4. The stereoscopic image pickup apparatus according to claim 3, wherein the image expanding and constructing unit performs a digital zoom so as to cancel a change of an angle of view by a control of the focal length.

5. The stereoscopic image pickup apparatus according to claim 4, wherein the image expanding and constructing unit performs a digital zoom so that parallax after a control of the focal length by the control unit approaches parallax before a control of the focal length.

6. The stereoscopic image pickup apparatus according to 1, further comprising a distance determining unit configured to compare the effective range with the object distance,

wherein the effective range is an object distance effective range calculated according to the focal length by the calculation unit, and

wherein if the object distance is outside the object distance effective range, the control unit controls the focal length so that the object distance is within the object distance effective range and the image expanding and constructing unit performs a digital zoom relative to the image region.

7. The stereoscopic image pickup apparatus according to claim 6, wherein the control unit control the focal length to a wide side if the object distance is outside the object distance effective range by approaching the object to the plurality of the image pickup units.

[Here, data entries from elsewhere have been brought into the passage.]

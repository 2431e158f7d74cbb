-- ===== src/Storage/Roundtrip.antt =====
-- Writing a file with platform/x86/hal_storage.c and reading it back.
use asm_os.Prelude.{
  ℕ, zero, suc, ◌+◌, ◌-◌, ◌/◌, ◌≤◌, ◌<◌, min, ◌≡◌, refl, sym, ap, ◌∙◌, ◌≢◌, inl, inr, Bool, true,
  false, ◌||◌, none, some, List, [], ◌∷◌, append-nil, arith, leb, ◌==◌, Bool-cases, Option-cases,
  length, get_or, set, take, drop, replicate, All, length-append, length-replicate, length-take,
  take-append, take_all,
}
use asm_os.Storage.{
  Device, root_lba, root_sectors, data_start, fat_end, fat_normalize, fat_find_entry, le16, le32,
  fat_next_cluster, place_entry, data_sector, root_sector, Fs, ensure_ready, flush_from,
  fat_flush_root, read_chain, plat_fs_read, write_data, choose_slot, plat_fs_write,
}
use asm_os.Prelude.{◌≢◌}
use mathlib.Core.Path.{subst}
use asm_os.Storage.Directory.{IsName, choose_slot-places}

drop_all : (n : ℕ) (xs : List ℕ) → length xs ≤ n → drop n xs ≡ []
drop_all zero [] h = refl
drop_all zero (x ∷ xs) h = absurd (omega arith)
drop_all (suc n) [] h = refl
drop_all (suc n) (x ∷ xs) h = drop_all n xs (omega arith)

module _ (D : Device) where
  open D use {Disk, read_sector, write_sector, read-write_self, read-write_ne}

  flush_from-keeps :
      (n s : ℕ) (root : List (List ℕ)) (d d' : Disk)
      → s + n ≤ root_sectors
      → flush_from D n s root d ≡ (true, d')
      → read_sector data_start d' ≡ read_sector data_start d
  unfolding flush_from
  flush_from-keeps zero s root d d' h e = let same : d ≡ d' = ground arith in rw same refl
  flush_from-keeps (suc n) s root d d' h e =
      elim (Option-cases (write_sector (root_lba + s) (root_sector s root) d)) [
        | inl failed ↦ absurd (ground arith)
        | inr (d1, wrote) ↦
            let later : flush_from D n (s + 1) root d1 ≡ (true, d') = ground arith in
            flush_from-keeps n (s + 1) root d1 d' (omega arith) later
            ∙ read-write_ne (root_lba + s) data_start (root_sector s root) d d1
                (λ same. absurd (omega arith)) wrote
      ]

  length-data_sector : (src : List ℕ) → length src ≤ 512 → length (data_sector src) ≡ 512
  unfolding data_sector
  length-data_sector src h = omega (
    arith,
    length-append (take 512 src) (replicate (512 - length (take 512 src)) 0),
    length-replicate {A = ℕ} (512 - length (take 512 src)) 0,
    length-take 512 src,
  )

  take-data_sector : (src : List ℕ) → length src ≤ 512 → take (length src) (data_sector src) ≡ src
  unfolding data_sector
  take-data_sector src h =
      rw (take_all 512 src h) (take-append src (replicate (512 - length src) 0) (length src) refl)

  write_data-nil : (n cluster : ℕ) (d : Disk) → write_data D n cluster [] d ≡ (true, d)
  unfolding write_data
  write_data-nil zero cluster d = refl
  write_data-nil (suc n) cluster d = refl

  read_chain-zero :
      (n : ℕ) (fat : List ℕ) (cluster : ℕ) (d : Disk) → read_chain D n fat cluster 0 d ≡ some []
  unfolding read_chain
  read_chain-zero zero fat cluster d = refl
  read_chain-zero (suc n) fat cluster d = ground arith

  -- One sector of data is written to the first data sector.
  write_data-sector :
      (n : ℕ) (src : List ℕ) (d d' : Disk)
      → 0 < length src
      → length src ≤ 512
      → write_data D (suc n) 2 src d ≡ (true, d')
      → read_sector data_start d' ≡ some (data_sector src)
  unfolding write_data
  write_data-sector n [] d d' p h e = absurd (omega arith)
  write_data-sector n (x ∷ src) d d' p h e =
      let whole = data_sector (x ∷ src) in
      elim (Option-cases (write_sector data_start whole d)) [
        | inl failed ↦ absurd (ground arith)
        | inr (d1, wrote) ↦
            let later : write_data D n 3 (drop 512 (x ∷ src)) d1 ≡ (true, d') = ground arith in
            let same : d1 ≡ d' = ground (
              arith,
              sym (write_data-nil n 3 d1)
                  ∙ subst (λ l. write_data D n 3 l d1 ≡ (true, d')) (drop_all 512 (x ∷ src) h)
                      later,
            ) in
            rw (← same)
              (read-write_self data_start whole d d1 (length-data_sector (x ∷ src) h) wrote)
      ]

  read_chain-sector :
      (n : ℕ) (fat src : List ℕ) (d : Disk)
      → 0 < length src
      → length src ≤ 512
      → read_sector data_start d ≡ some (data_sector src)
      → read_chain D (suc n) fat 2 (length src) d ≡ some src
  unfolding read_chain
  read_chain-sector n fat src d p h e =
      let whole : min 512 (length src) ≡ length src = omega arith in
      let empty : leb fat_end 2 || length src == 0 ≡ false = ground arith in
      let nothing : length src - length src ≡ 0 = omega arith in
      rw
        (
          empty,
          e,
          whole,
          nothing,
          read_chain-zero n fat (fat_next_cluster fat 2) d,
          take-data_sector src h,
          append-nil src,
        )
        refl

  ensure_ready_when : (fs : Fs D) → fs.ready ≡ true → ensure_ready D fs ≡ (true, fs)
  unfolding ensure_ready
  ensure_ready_when fs h = rw h refl

  -- What a successful write leaves: the entry in its slot, and a disk to which the data and then
  -- the directory were written.
  plat_fs_write-true :
      (name src : List ℕ) (fs fs' : Fs D) (slot : ℕ) (root : List (List ℕ))
      → fs.ready ≡ true
      → choose_slot D (fat_normalize name) fs.root ≡ some (slot, root)
      → plat_fs_write D name src fs ≡ (true, fs')
      → (fs'.ready ≡ true)
        × (fs'.root ≡ set root slot (place_entry 2 (length src) (get_or root slot [])))
        × (d : Disk) × (write_data D (length src / 512 + 1) 2 src fs.disk ≡ (true, d))
        × (flush_from D root_sectors 0 fs'.root d ≡ (true, fs'.disk))
  unfolding plat_fs_write fat_flush_root
  plat_fs_write-true name src fs fs' slot root ready chosen e =
      let wrote = write_data D (length src / 512 + 1) 2 src fs.disk in
      let opened = ensure_ready_when fs ready in
      elim (Bool-cases wrote.0) [
        | inl worked ↦
            let after = set root slot (place_entry 2 (length src) (get_or root slot [])) in
            let flushed = flush_from D root_sectors 0 after wrote.1 in
            let made : wrote ≡ (true, wrote.1) = ground arith in
            let done : Bool × Fs D = (flushed.0, record fs { root = after; disk = flushed.1 }) in
            let result : done ≡ (true, fs') = ground arith in
            let same : fs' ≡ done.1 = ground arith in
            let fine : flushed.0 ≡ true = ground arith in
            let at_root : fs'.root ≡ after = ap (λ f. f.root) same in
            let at_disk : fs'.disk ≡ flushed.1 = ap (λ f. f.disk) same in
            let all_done : flushed ≡ (true, fs'.disk) =
              ap (λ b. (b, flushed.1)) fine ∙ ap (λ d. (true, d)) (sym at_disk) in
            (
              ap (λ f. f.ready) same ∙ ready,
              at_root,
              wrote.1,
              made,
              subst (λ r. flush_from D root_sectors 0 r wrote.1 ≡ (true, fs'.disk)) (sym at_root)
                  all_done,
            )
        | inr failed ↦ absurd (ground arith)
      ]

  plat_fs_write-none :
      (name src : List ℕ) (fs fs' : Fs D)
      → fs.ready ≡ true
      → choose_slot D (fat_normalize name) fs.root ≡ none
      → plat_fs_write D name src fs ≢ (true, fs')
  unfolding plat_fs_write ensure_ready
  plat_fs_write-none name src fs fs' ready full e = ground arith

  plat_fs_read-some :
      (name src : List ℕ) (buf_size : ℕ) (fs : Fs D) (slot : ℕ)
      → fs.ready ≡ true
      → fat_find_entry (fat_normalize name) fs.root ≡ some slot
      → le16 (get_or fs.root slot []) 26 ≡ 2
      → le32 (get_or fs.root slot []) 28 ≡ length src
      → 0 < length src
      → length src ≤ 512
      → length src ≤ buf_size
      → read_sector data_start fs.disk ≡ some (data_sector src)
      → (plat_fs_read D name buf_size fs).0 ≡ some src
  unfolding plat_fs_read
  plat_fs_read-some name src buf_size fs slot ready found cluster size p h b e =
      let whole : min (length src) buf_size ≡ length src = omega arith in
      let opened = ensure_ready_when fs ready in
      let entry = get_or fs.root slot [] in
      let wanted = min (le32 entry 28) buf_size in
      let chain : (plat_fs_read D name buf_size fs).0
          ≡ read_chain D (wanted / 512 + 1) fs.fat (le16 entry 26) wanted fs.disk =
        ground arith in
      let one : length src / 512 + 1 ≡ suc (length src / 512) = omega arith in
      chain
      ∙ rw (cluster, size, whole, one)
          (read_chain-sector (length src / 512) fs.fat src fs.disk p h e)

  -- A file of 1 to 512 bytes that was written successfully to a loaded file system is read back as
  -- it was written into a buffer that holds it, under a name that FAT can hold. The entries of the
  -- root directory have 32 bytes.
  pub plat_fs_read-write :
      (name src : List ℕ) (buf_size : ℕ) (fs fs' : Fs D)
      → fs.ready ≡ true
      → All (λ e. length e ≡ 32) fs.root
      → IsName (fat_normalize name)
      → 0 < length src
      → length src ≤ 512
      → length src ≤ buf_size
      → plat_fs_write D name src fs ≡ (true, fs')
      → (plat_fs_read D name buf_size fs').0 ≡ some src
  plat_fs_read-write name src buf_size fs fs' ready a n p h b e =
      elim (Option-cases (choose_slot D (fat_normalize name) fs.root)) [
        | inl full ↦ absurd (plat_fs_write-none name src fs fs' ready full e)
        | inr ((slot, root), chosen) ↦
            let found =
              choose_slot-places D (fat_normalize name) fs.root root slot 2 (length src) n a
                (omega arith) (omega arith) chosen in
            let (ready', same, d, wrote, flushed) =
              plat_fs_write-true name src fs fs' slot root ready chosen e in
            let kept = flush_from-keeps root_sectors 0 fs'.root d fs'.disk (omega arith) flushed in
            let there =
              write_data-sector (length src / 512) src fs.disk d p h
                (subst (λ k. write_data D k 2 src fs.disk ≡ (true, d)) (omega arith) wrote) in
            plat_fs_read-some name src buf_size fs' slot ready' (rw same found.0) (rw same found.1)
              (rw same found.2) p h b (kept ∙ there)
      ]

8. The stereoscopic image pickup apparatus according to claim 6, wherein the image expanding and constructing unit performs a digital zoom so as to cancel a change of an angle of view by a control of the focal length.

9. The stereoscopic image pickup apparatus according to claim 8, wherein the image expanding and constructing unit performs a digital zoom so that parallax after a control of the focal length by the control unit approaches parallax before a control of the focal length.